Over the last 14 days we’ve had to read, listen and endure a host of articles regarding Nintendo’s future. Most of these solutions will be familiar to you: Nintendo must embrace free-to-play, Nintendo must take their brands to the mobile market, Nintendo must go third party.

But hold on a minute: EA has embraced the free-to-play model. EA has taken its brands to the mobile market. EA is a thirdy party publisher. Pray tell clever clogs — if this is how you plan to save Nintendo, how will you save EA?

Of course it’s a silly discussion. Of course the circumstances are different: these are two different companies with different values, different models, different brands, different everything, but the comparison is startling: here is a company that is doing precisely what journalists/analysts/gamers suggest Nintendo should be doing, but is losing more money at a faster rate.


Can you hear anyone suggest that EA should completely change its business model? Is anyone demanding that EA become precisely like Nintendo, or any other company for that matter? Nope. The silence is deafening. Everyone expects a company like EA to lose money. Business as usual.

It’s madness. And it leads to another question: why do we care so much about what Nintendo does and so little about EA should or shouldn’t be doing. Why is that?

Is it because Nintendo is constantly attempting to subvert and disrupt the video games market we’ve learned to love? Maybe. Is it tall poppy syndrome? Do consumers want Nintendo to fail. Is there resentment at its attempts to bring gaming to a broader market. It’s hard to tell. In a couple of weeks time we’ll have forgotten about EA’s losses but we’ll continue to debate and discuss Nintendo obsessively. We’ll get angry at them for being stubborn, for refusing to move with the times, for refusing to become more like EA.

It’s weird, people engaged with video game culture have such a strange relationship with Nintendo. We think we know better when it fails, but don’t necessarily celebrate when it finds success. We react with glee when it stumbles, or become genuinely upset. For some reason, whether we love or hate them, we can’t stop talking about Nintendo.

Perhaps it’s because Nintendo made the consoles that sat underneath our televisions as we grew up. Maybe it’s because we grew up with its controllers wedged in our hands. Maybe it’s that physical, actual connection. EA just made the games, but Nintendo is a brand intertwined with our childhood: the connection is just too strong to break.

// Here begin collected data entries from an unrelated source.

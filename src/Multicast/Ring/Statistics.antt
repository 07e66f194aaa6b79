-- ===== src/Multicast/Ring/Statistics.antt =====
-- `print_statistics_mock_mode` of src/network/MulticastReceiver.h beside the two threads of the
-- ring: it takes the counter of the packets, sets it to 0, and prints what it took. The pinning of
-- the thread, `sleep` and the text of the line are left out.
use marketdatabook.Common.{
  ℕ, ◌+◌, ◌^◌, ◌<◌, ◌≡◌, refl, ap, arith, List, [], ◌∷◌, ◌++◌, length, length-snoc, length-append,
}
use marketdatabook.Common.Bytes.{Bytes}
use marketdatabook.Multicast.Ring
use marketdatabook.Multicast.Ring.{Mock, Poller, mock, return_current}
use marketdatabook.Multicast.Ring.Safety.{Fit, parsed_lem}

-- `printed` are the values of `packets_per_second` that were printed.
pub record Watched : Type 0 where
  pub frames : Mock
  pub printed : List ℕ

abbrev with_total : Mock → ℕ → Mock
with_total t n = record t { total_packets = n }

pub sum : List ℕ → ℕ
sum [] = 0
sum (n ∷ ns) = n + sum ns

sum-snoc : (ns : List ℕ) (n : ℕ) → sum (ns ++ n ∷ []) ≡ sum ns + n
unfolding sum
sum-snoc [] n = omega arith
sum-snoc (m ∷ ns) n = omega (arith, sum-snoc ns n)

-- A block that was parsed and is not yet counted: its frame is about to be given back, or already
-- is.
abbrev pub uncounted : Poller → ℕ
uncounted Poller.waiting = 0
uncounted Poller.parsing = 0
uncounted Poller.returning = 1
uncounted Poller.counting = 1

module _ (header_size : ℕ) where
  pub data Step : Watched → Watched → Type 0 where
    move_frame :
        (s : Watched) (t : Mock)
        → Ring.Step header_size s.frames t
        → Step s (record s { frames = t })
    print_total :
        (s : Watched)
        → Step s (record {
          frames = with_total s.frames 0;
          printed = s.printed ++ s.frames.total_packets ∷ [];
        })

  pub data Reach (blocks : List Bytes) : Watched → Type 0 where
    here : Reach blocks (record { frames = mock header_size blocks; printed = [] })
    next : {s t : Watched} → Reach blocks s → Step s t → Reach blocks t

  -- No step of the ring looks at the counter.
  forget_step :
      (t : Mock) (n : ℕ) {u : Mock}
      → Ring.Step header_size (with_total t n) u
      → (u' : Mock) × Ring.Step header_size t u' × (u ≡ with_total u' u.total_packets)
  forget_step t n (Ring.see_kernel _ block rest idle some_left free) =
      (_, Ring.see_kernel t block rest idle some_left free, refl)
  forget_step t n (Ring.fill _ block rest filling some_left) =
      (_, Ring.fill t block rest filling some_left, refl)
  forget_step t n (Ring.publish _ block rest publishing some_left) =
      (_, Ring.publish t block rest publishing some_left, refl)
  forget_step t n (Ring.see_user _ idle used) = (_, Ring.see_user t idle used, refl)
  forget_step t n (Ring.parse _ parsing) = (_, Ring.parse t parsing, refl)
  forget_step t n (Ring.return_frame _ returning) = (_, Ring.return_frame t returning, refl)
  forget_step t n (Ring.count_packet _ counting) = (_, Ring.count_packet t counting, refl)

  Reach-forget :
      {blocks : List Bytes} {s : Watched}
      → Reach blocks s
      → (t : Mock) × (n : ℕ) × Ring.Reach header_size blocks t × (s.frames ≡ with_total t n)
  Reach-forget here = (_, 0, Ring.here, refl)
  Reach-forget (next r (move_frame s u step)) =
      let (t, n, q, e) = Reach-forget r in
      let (u', step', same) = forget_step t n (rw (e) at step) in
      (u', u.total_packets, Ring.next q step', same)
  Reach-forget (next r (print_total s)) =
      let (t, n, q, e) = Reach-forget r in (t, 0, q, ap (λ f. with_total f 0) e)

  abbrev Counts : Mock → List ℕ → Type 0
  Counts t printed =
      length t.parsed < 2 ^ 64
      → sum printed + t.total_packets + uncounted t.poller ≡ length t.parsed

  move-Counts :
      {t u : Mock} (printed : List ℕ)
      → Ring.Step header_size t u
      → Counts t printed
      → Counts u printed
  move-Counts printed (Ring.see_kernel t block rest idle some_left free) c few = c few
  move-Counts printed (Ring.fill t block rest filling some_left) c few = c few
  move-Counts printed (Ring.publish t block rest publishing some_left) c few = c few
  move-Counts printed (Ring.see_user t idle used) c few = omega (arith, c few, ap uncounted idle)
  move-Counts printed (Ring.parse t parsing) c few = omega (
    arith,
    c (omega (arith, few, length-snoc t.parsed)),
    ap uncounted parsing,
    length-snoc t.parsed,
  )
  move-Counts printed (Ring.return_frame t returning) c few =
      omega (arith, c few, ap uncounted returning)
  move-Counts printed (Ring.count_packet t counting) c few =
      omega (arith, c few, few, ap uncounted counting)

  Reach-Counts : {blocks : List Bytes} {s : Watched} → Reach blocks s → Counts s.frames s.printed
  unfolding sum
  Reach-Counts here few = omega arith
  Reach-Counts (next r (move_frame s u step)) few = move-Counts s.printed step (Reach-Counts r) few
  Reach-Counts (next r (print_total s)) few =
      omega (arith, Reach-Counts r few, sum-snoc s.printed s.frames.total_packets)

  -- Whatever way the two threads of the ring and the one that prints interleave, the blocks that
  -- were parsed are the first of the file, and the numbers printed, with the packets counted since,
  -- add up to the blocks that were parsed, but for one that the poller has not counted yet. Each
  -- block fits a frame behind its header, and there are less than 2 ^ 64 of them.
  pub printed_lem :
      {blocks : List Bytes} {s : Watched}
      → Fit header_size blocks
      → length blocks < 2 ^ 64
      → Reach blocks s
      → ((ahead : List Bytes) × (blocks ≡ s.frames.parsed ++ ahead))
        × (sum s.printed + s.frames.total_packets + uncounted s.frames.poller
            ≡ length s.frames.parsed)
  printed_lem {blocks} {s} fit few r =
      let (t, n, q, e) = Reach-forget r in
      let (ahead, cut) = parsed_lem header_size fit q in
      let same : s.frames.parsed ≡ t.parsed = ap (λ (f : Mock). f.parsed) e in
      let first : blocks ≡ s.frames.parsed ++ ahead = rw (same) cut in
      (
        (ahead, first),
        Reach-Counts r (omega (arith, few, ap length first, length-append s.frames.parsed ahead)),
      )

Again the word is ‘weird’. We have such a weird relationship with Nintendo. It’s like the obsession we can’t shake. The posters hanging on a bedroom wall we just can’t take down. We want to move on but we can’t, because Nintendo represents something deeper in most of us. We want Nintendo to grow with us as adults, but it remains static. Because it can. Because it’s a company that sells video games and nothing more. We find that difficult to accept. That can make us angry. Or it can make us passionate about Nintendo and its philosophy — either way it’s an emotional reaction with next-to-no basis in the actual facts of the situation.

No-one will try and fix EA. But for some reason we’ll never stop trying to fix Nintendo. I guess people just care a little too much.